Infimum of $\left\{\left|\sqrt{m} - \sqrt{n}\right|\;: \;m,n \in\mathbb{N},\; m≠n\right\}$

Question

In my homework assignment I encountered this problem:

Find the infimum of the set $A=\left\{\left|\sqrt{m} - \sqrt{n}\right|\;: \;m,n \in\mathbb{N},\; m≠n\right\}$

How do i even start to find the infimum of this set??

Answer 1

First of all observe that $\left|\sqrt{m}-\sqrt{n}\right|\geq0$, So if we will prove that $0$ is the greatest lower bound we are done.

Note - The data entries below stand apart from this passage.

-- ===== src/View/RoundTrip.antt =====
-- `GameState.to_dict` and `GameState.from_dict` of poker/game_models.py, one after the other.
use adk_poker.Base.{◌≡◌, refl, List, [], ◌∷◌, map}
use adk_poker.Result.{ok, traverse}
use adk_poker.View.Data.{PlayerInfo, GameState, info_dict, info_from, to_dict, from_dict}

infos-read : (ps : List PlayerInfo) → traverse info_from (map info_dict ps) ≡ ok ps
unfolding info_from
infos-read [] = refl
infos-read (p ∷ ps) = rw (infos-read ps)

-- from_dict gives back the state from its to_dict.
pub from_dict-to_dict : (s : GameState) → from_dict (to_dict s) ≡ ok s
unfolding from_dict to_dict
from_dict-to_dict s = rw (infos-read s.players)
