-- ===== src/Simulator/Valid.antt =====
-- What the simulator relies on: the arithmetic of positive floats and the draws of `random`, and a
-- configuration that passes the validation of simulator/cell_sim/config.py.
use cell_oee_demo.Prelude.{ℕ, ◌<◌, ◌≡◌, true, ℤ, pos, negsuc, All}
use cell_oee_demo.Simulator.World.{World}
use cell_oee_demo.Simulator.Model.{keys}
use cell_oee_demo.Simulator.Config.{
  Range, SimConfig, FaultCfg, StopProcessCfg, known_faults, contiguous_shifts,
}

-- The delay does not go back.
abbrev pub IsForward : ℤ → Type 0
IsForward (pos n) = Unit
IsForward (negsuc n) = ⊥

module _ (w : World) where
  abbrev pub Positive : w.F → Type 0
  Positive x = w.lt (w.real 0) x ≡ true

  -- The duration is not negative.
  abbrev pub Forward : w.F → Type 0
  Forward x = IsForward (w.micros x)

  -- Positive floats that neither overflow nor underflow, and the documented ranges of the draws:
  -- `lognormvariate` is positive, and `expovariate` of a positive rate is not negative.
  pub record IsArithmetic : Type 0 where
    pub real_zero : Forward (w.real 0)
    pub real_positive : (n : ℕ) → 0 < n → Positive (w.real n)
    pub positive_forward : (x : w.F) → Positive x → Forward x
    pub add_positive : (x y : w.F) → Positive x → Positive y → Positive (w.add x y)
    pub mul_positive : (x y : w.F) → Positive x → Positive y → Positive (w.mul x y)
    pub div_positive : (x y : w.F) → Positive x → Positive y → Positive (w.div x y)
    pub exp_positive : (x : w.F) → Positive (w.exp x)
    pub lognormvariate_positive :
        (mu sigma : w.F) (rng : w.R) → Positive (w.lognormvariate mu sigma rng).0
    pub expovariate_forward :
        (rate : w.F) (rng : w.R) → Positive rate → Forward (w.expovariate rate rng).0

  abbrev pub IsRange : Range w → Type 0
  IsRange (lo, hi) = Positive lo × Positive hi

  abbrev pub IsFault : ℕ × FaultCfg w → Type 0
  IsFault (code, f) = Positive f.mtbf_min × IsRange f.duration_min

  abbrev pub IsProcess : StopProcessCfg w → Type 0
  IsProcess proc = Positive proc.short_mean_s × Positive proc.long_mean_min

  -- What the validation of the configuration ensures.
  pub record IsValidated (cfg : SimConfig w) : Type 0 where
    pub known : known_faults (keys cfg.faults) ≡ true
    pub contiguous : contiguous_shifts cfg.shifts ≡ true
    pub cycle : Positive cfg.cell.theoretical_cycle_s
    pub points : 0 < cfg.weld.points_per_part
    pub dressing : Positive cfg.weld.tip_dressing.duration_s
    pub cap_change : Positive cfg.weld.cap_change.duration_s
    pub weld_fault : IsRange cfg.weld.fault_201.duration_min
    pub faults : All IsFault cfg.faults
    pub starved : IsProcess cfg.flow.starved
    pub blocked : IsProcess cfg.flow.blocked
    pub manual : IsRange cfg.manual.duration_min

By the definition of the set $A$, we know that $\sqrt{n+1}-\sqrt{n}\in A\;\forall n\in\mathbb{N}$ (because $\sqrt{n+1}>\sqrt{n}$ we dont need the absolute value), and after a bit of simplification we would conclude that

$$ A\ni\sqrt{n+1}-\sqrt{n}=\frac{(\sqrt{n+1}-\sqrt{n})(\sqrt{n+1}+\sqrt{n})}{\sqrt{n+1}+\sqrt{n}}=\frac{1}{\sqrt{n+1}+\sqrt{n}} $$

Now let $\varepsilon>0$ we will take $n=\left\lceil\frac{1}{(2\varepsilon)^2}\right\rceil$. It happens to be the case that

$$ \frac{1}{\sqrt{n+1}+\sqrt{n}}\leq\frac{1}{2\sqrt{n}}\leq\frac{1}{2\cdot\frac{1}{\sqrt{(2\varepsilon)^2}}}=\varepsilon $$

Hence, by an equivalent definition of an Infimm of a set, we will conclude that $0$ is the infimum of $A$.

Answer 2

Hint:

We have for all $n,m \in \mathbb{N}$, that $\lvert{\sqrt{m}-\sqrt{n}}\rvert\geq 0$. So a lower bound is $0$. You now need to figure out if $0$ is the greatest lower bound (and prove if it is).

Answer 3

Write $m=n+k$, $k>0$, $m, n, k \in \mathbb{N}$.

0)$0$ is a lower bound

1)$\sqrt{n+k} - \sqrt{n} \ge \sqrt{n+1}-\sqrt{n}$,

since $\sqrt{}$ is strictly increasing.

2)$\sqrt{n+1} =\dfrac{n+1}{\sqrt{n+1}}$, and $\sqrt{n}=\dfrac{n}{\sqrt{n}}$;

3)$0<\sqrt{n+1}-\sqrt{n}<$

$\dfrac{n+1}{\sqrt{n+1}}- \dfrac{n}{\sqrt{n}}<$

$\dfrac{n+1}{\sqrt{n+1}}-\dfrac{n} {\sqrt{n+1}}=\dfrac{1}{\sqrt{n+1}} $.

4)Sandwich

5)Show that $0$ is least lower bound.

6)Assume $a>0$ is a lower bound.

7)Archimedean principle

There is a $n_0 \in \mathbb{N}$ s.t.

$n_0>\dfrac{1}{\sqrt{a}}-1$, or

$a>\dfrac{1}{\sqrt{n_0+1}}$, contradiction, and we are done.

Answer 4

As it was pointed out, since for $n \ne m$ we have that $|\sqrt{n}-\sqrt{m}|>0$, the infimum is surely greater or equal than zero. On the other hand, since $\lim_{n \to \infty}(\sqrt{n+1}-\sqrt{n})=0$, the infimum cannot be greater than zero.